= Task details =
Your answer should be each line of the entries that contains the word "object", copied in full.

= Data for review =
___

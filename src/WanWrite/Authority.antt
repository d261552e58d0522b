-- ===== src/WanWrite/Authority.antt =====
-- What an accepted patch can and cannot do to the object that it is merged onto.
use rustmistmcp.Prelude.{
  ◌≡◌, ◌≢◌, refl, Option, none, some, String, arith, ok, Option-cases, inl, inr, eq_refl,
}
use rustmistmcp.Json.{Value, null, obj, Fields, end, field, get, remove, get_key}
use rustmistmcp.Json.Deep.{
  Everywhere, EachField, insert-EachField, remove-EachField, get-Everywhere,
}
use rustmistmcp.WanWrite.{
  authority_key, base_fields, merge_entry, merge_patch, merge_fields, reject_config_authority,
  reject_redaction_placeholder,
}
use rustmistmcp.WanWrite.Refusals.{
  NoPlaceholder, NoAuthority, AnyText, HidesNothing, IsOtherKey, reject_config_authority_iff,
  reject_redaction_placeholder_iff,
}
use rustmistmcp.WanWrite.Merge.{get-merge_patch}

module _ (P Q : String → Type 0) where
  base-EachField : (v : Value) → Everywhere P Q v → EachField P Q (base_fields v)
  base-EachField (obj fs) h = h
  base-EachField _ h = tt

  merge_entry-EachField :
      (merge : Value → Value) (merged : Fields) (k : String) (value : Value)
      → ((old : Value) → Everywhere P Q old → Everywhere P Q (merge old))
      → Q k
      → Everywhere P Q value
      → EachField P Q merged
      → EachField P Q (merge_entry merge merged k value)
  unfolding merge_entry
  merge_entry-EachField merge merged k null keep q p h = remove-EachField P Q k merged h
  merge_entry-EachField merge merged k value keep q p h = elim (Option-cases (get k merged)) [
    | inl absent ↦ rw (absent, merge_entry) (insert-EachField P Q k value merged q p h)
    | inr (old, found) ↦
        rw (found, merge_entry)
          (insert-EachField P Q k (merge old) merged q
            (keep old (get-Everywhere P Q k merged old h found)) h)
  ]

  mutual
    unfolding merge_patch

    merge-Everywhere :
        (patch before : Value)
        → Everywhere P Q before
        → Everywhere P Q patch
        → Everywhere P Q (merge_patch before patch)
    merge-Everywhere (obj patch) before h g =
        merge_fields-EachField patch (base_fields before) (base-EachField before h) g
    merge-Everywhere _ before h g = g

    merge_fields-EachField :
        (patch merged : Fields)
        → EachField P Q merged
        → EachField P Q patch
        → EachField P Q (merge_fields merged patch)
    merge_fields-EachField end merged h g = h
    merge_fields-EachField (field k value patch) merged h (q, p, g) =
        merge_fields-EachField patch
          (merge_entry (λ existing. merge_patch existing value) merged k value)
          (merge_entry-EachField (λ existing. merge_patch existing value) merged k value
            (λ old o. merge-Everywhere value old o p) q p h)
          g

-- Where the object as read shows no placeholder, the merge of an accepted patch has none, at any
-- depth: no secret is overwritten by it.
pub merge-NoPlaceholder :
    (before patch : Value)
    → NoPlaceholder before
    → reject_redaction_placeholder patch ≡ ok tt
    → NoPlaceholder (merge_patch before patch)
merge-NoPlaceholder before patch h accepted =
    merge-Everywhere HidesNothing AnyText patch before h
      ((reject_redaction_placeholder_iff patch).0 accepted)

-- Where the object as read has no key `mist_configured`, the merge of an accepted patch has none, at
-- any depth.
pub merge-NoAuthority :
    (before patch : Value)
    → NoAuthority before
    → reject_config_authority patch ≡ ok tt
    → NoAuthority (merge_patch before patch)
merge-NoAuthority before patch h accepted =
    merge-Everywhere AnyText IsOtherKey patch before h
      ((reject_config_authority_iff patch).0 accepted)

-- `mist_configured` of the object that stands at a key.
abbrev pub authority_at : String → Value → Option Value
authority_at k v = elim (get_key k v) [ none ↦ none | some inner ↦ get_key authority_key inner ]

-- But a patch that deletes the object around it passes the refusal, and takes a nested
-- `mist_configured` away: null at any other key does.
pub null_removes_authority :
    (k : String) (before : Fields) (was : Value)
    → k ≢ authority_key
    → authority_at k (obj before) ≡ some was
    → (reject_config_authority (obj (field k null end)) ≡ ok tt)
      × (authority_at k (merge_patch (obj before) (obj (field k null end))) ≡ none)
unfolding get
null_removes_authority k before was other stood =
    let (after, same, law) = get-merge_patch k (obj before) (field k null end) (refl, tt) in
    (
      (reject_config_authority_iff (obj (field k null end))).1 (other, tt, tt),
      ground (arith, same, law, eq_refl k),
    )

abbrev pub nested_null : String → String → Fields
nested_null k j = field k (obj (field j null end)) end

merge-nested_null :
    (j : String) → merge_patch (obj (field j null end)) (obj (field j null end)) ≡ obj end
unfolding merge_patch merge_entry remove
merge-nested_null j = ground (arith, eq_refl j)

get-nested_null : (k j : String) → get k (nested_null k j) ≡ some (obj (field j null end))
unfolding get
get-nested_null k j = ground (arith, eq_refl k)

-- A null inside a value that is new to the object is written as it is, and deletes nothing: merging
-- such a patch a second time gives another object.
pub merge_not_idempotent :
    (k j : String) (before : Fields)
    → get k before ≡ none
    → (get_key k (merge_patch (obj before) (obj (nested_null k j))) ≡ some (obj (field j null end)))
      × (merge_patch (merge_patch (obj before) (obj (nested_null k j))) (obj (nested_null k j))
          ≢ merge_patch (obj before) (obj (nested_null k j)))
unfolding get
merge_not_idempotent k j before fresh =
    let (once, same, law) = get-merge_patch k (obj before) (nested_null k j) (refl, tt) in
    let (twice, same', law') = get-merge_patch k (obj once) (nested_null k j) (refl, tt) in
    (
      ground (arith, same, law, get-nested_null k j),
      ground (arith, same, law, same', law', get-nested_null k j, merge-nested_null j),
    )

___

= Completed task =
-- What an accepted patch can and cannot do to the object that it is merged onto.
-- Where the object as read shows no placeholder, the merge of an accepted patch has none, at any
-- Where the object as read has no key `mist_configured`, the merge of an accepted patch has none, at
-- `mist_configured` of the object that stands at a key.
-- But a patch that deletes the object around it passes the refusal, and takes a nested
-- A null inside a value that is new to the object is written as it is, and deletes nothing: merging
-- such a patch a second time gives another object.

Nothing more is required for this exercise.